[Python-ideas] Optimizing global names via dict references
Andrew Barnert
abarnert at yahoo.com
Sat Dec 19 13:30:57 EST 2015
On Dec 19, 2015, at 08:33, Franklin? Lee <leewangzhong+python at gmail.com> wrote:
>
> I messed up the links. Well, I learned something about mailman.
>
> On Sat, Dec 19, 2015 at 10:06 AM, Victor Stinner
> <victor.stinner at gmail.com> wrote:
>> Le samedi 19 décembre 2015, Franklin? Lee <leewangzhong+python at gmail.com> a
>> écrit :
>>>
>>> == Problem statement ==
>>>
>>> I propose a CPython interpreter optimization for global name lookups.
>>
>>
>> Fans of micro optimisation are probably already using various hacks like
>> func(len=len): ... to avoid the lookup at runtime. There is an option
>> rewriting bytecode to replace load_global with load_const (I don't recall
>> the name of the PyPI project, it's a decorator).
>>
>> Serhiy also proposed to implement a new syntax to make the lookup when the
>> function is defined.
>
> I mentioned the hack, and said this would make it unnecessary. I also
> mentioned how the hack bypasses dynamic lookup for the sake of
> performance, while this would have the effect of dynamic lookup. It
> could possibly be faster (since you don't have to load a default arg).
On Dec 19, 2015, at 08:33, Franklin? Lee <leewangzhong+python at gmail.com> wrote:
>
> I mentioned the hack, and said this would make it unnecessary. I also
> mentioned how the hack bypasses dynamic lookup for the sake of
> performance, while this would have the effect of dynamic lookup. It
> could possibly be faster (since you don't have to load a default arg).
It can't possibly be faster, unless you never actually use the len function (in which case it would be pretty stupid to optimize with len=len).
Loading a default value is just copying from one array to another at call time, with pseudocode like "frame.localsplus[3] = function.defaults[1]". That takes about as much time as two locals lookups (and then turns every builtin lookup into a local lookup).

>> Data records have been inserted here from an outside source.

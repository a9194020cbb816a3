-- ===== src/Lib.antt =====
-- Verification of the flowplane control plane, at the level of its pure logic.
--
-- Flowplane configures Envoy proxies for many teams. An API server checks who may change what, writes
-- specs to a database, and an outbox tells the workers. The xDS server translates the specs of a team,
-- keeps what each dataplane should get, and takes rejected resources out of service. The rate-limit
-- service counts requests for Envoy against the policies that the control plane pushes.
--
-- Parts and files (paths from the repository's root):
-- - Base: shared names, Boolean tests, lists, equality as an interface, dictionaries (Base/Maps), text
--   (Base/Chars), decimal texts (Base/Decimal), and ordered maps (Base/SortedMap, a `BTreeMap`).
-- - Domain: errors (crates/fp-domain/src/error.rs), ids (id.rs), org roles and agent kinds
--   (identity.rs), the name rule (Name, with its grammar in Grammar), resources and actions (authz.rs),
--   rate-limit policies (rate_limit.rs).
-- - Authz: the authorization engine. Grants and Principal hold the data of
--   crates/fp-core/src/authz.rs, Engine the function `check_resource_access` with its arms as functions
--   and `deny_to_error` (crates/fp-core/src/services/mod.rs). Policy states the rules without an order;
--   Sound and Boundary hold the theorems.
-- - Rls: crates/flowplane-rls. Policy is policy.rs, Counter and Memory are counter.rs, Service is
--   grpc.rs. The service takes any `CounterStore`: a record of the trait's operation, a view of one slot
--   per key, and what `incr` does to the view. Memory fills it with the sharded store. Canonical,
--   Replace, Order, Window, Admission and Isolation hold the theorems.
-- - Xds: crates/fp-xds/src/snapshot.rs and ads.rs. Resource and Quarantine are the serving state of one
--   resource type of one team, `TypeInternal`; Step is its life as a sequence of updates. Team is
--   `SnapshotCache`: five types for each team, the change signal, and the end of `rebuild_team` with the
--   translated rows as an argument. Ads is the state of a stream and its pushes, Handlers the branches
--   of its loop. Served, Nack, Rollback, Push, Signal, Install and Reply hold the theorems.
-- - Ai: crates/fp-domain/src/ai.rs. Sse is the framing of server-sent events, Budget the budgets and the
--   backends of a route; Framing, Complete, Strip and Backends hold the theorems.
-- - Gateway: crates/fp-domain/src/gateway. Cluster (cluster.rs), RouteConfig and Matchers
--   (route_config.rs), Filters (filters.rs) and Listener (listener.rs) hold the data of a specification,
--   and their children the validators. Upstream, Accepted, FilterRules, HeaderRules, SecurityRules, Scopes,
--   MatchRules, RouteRules, Routes and Listeners say, part by part, what is accepted.
-- - Egress: crates/fp-core/src/services/egress_advisory.rs. Addr is addresses, ranges and the protected
--   destinations, Policy the checks of a host and the gate of a mutation, Authority the host of a URL,
--   Parse the text of a range; Mask, Contains, Denied, Hosts and Audit hold the theorems. A rejection is
--   recorded by `record_best_effort` (crates/fp-storage/src/repos/audit.rs), whose insert may fail.
-- - Api: crates/fp-api/src/throttle.rs. Throttle is the write throttle and its middleware; Entry what a
--   check makes of the entry of a key; Alone, Budget and Retry hold the theorems.
-- - Plan: crates/fp-core/src/services/route_generation.rs. Names is the making of names, Routes the routes of
--   a plan; Fresh, Named and Valid hold the theorems. The search for a name has one round more than there
--   are names, which Fresh shows to be enough.
-- - Outbox: crates/fp-storage/src/outbox.rs. Store is the tables and a batch of a consumer, History a sequence
--   of batches and appends; Order, Delivery and Contiguous hold the theorems.
--
-- How code is modelled: a `u64` is a natural number, with its saturation or wrap-around written out; a
-- `HashMap` is an association list where one key is read and written at a time; a `String` that
-- the code looks into is a list of characters; a method that changes `self` returns the new state.
-- Loops are recursion on the list they run over; the loops on an index of Ai run on fuel, which starts
-- as the number of bytes and is enough because each round moves the index on; a decimal text has as
-- much fuel as its number. A clock is an argument. A lock makes an operation
-- one step. `Any` is a protobuf message with its encoded bytes; encoding is not modelled.
--
-- Not modelled: SQL but that of the outbox, HTTP handlers but the write throttle, the command line,
-- configuration, TLS, token verification, protobuf translation, traffic capture and learning, and the
-- texts that are interpolated into validation messages.
pub mod Base
pub mod Domain
pub mod Authz
pub mod Rls
pub mod Xds
pub mod Ai
pub mod Gateway
pub mod Egress
pub mod Api
pub mod Plan
pub mod Outbox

Meanwhile, your idea replaces every locals lookup with a RefCell lookup plus a dereference, something like "frame.code.consts[1].value" instead of "frame.localsplus[3]". Loading off consts is about as fast as loading off locals, but that extra cell dereference step can't possibly be free, and in fact will be on the same order as the array lookup.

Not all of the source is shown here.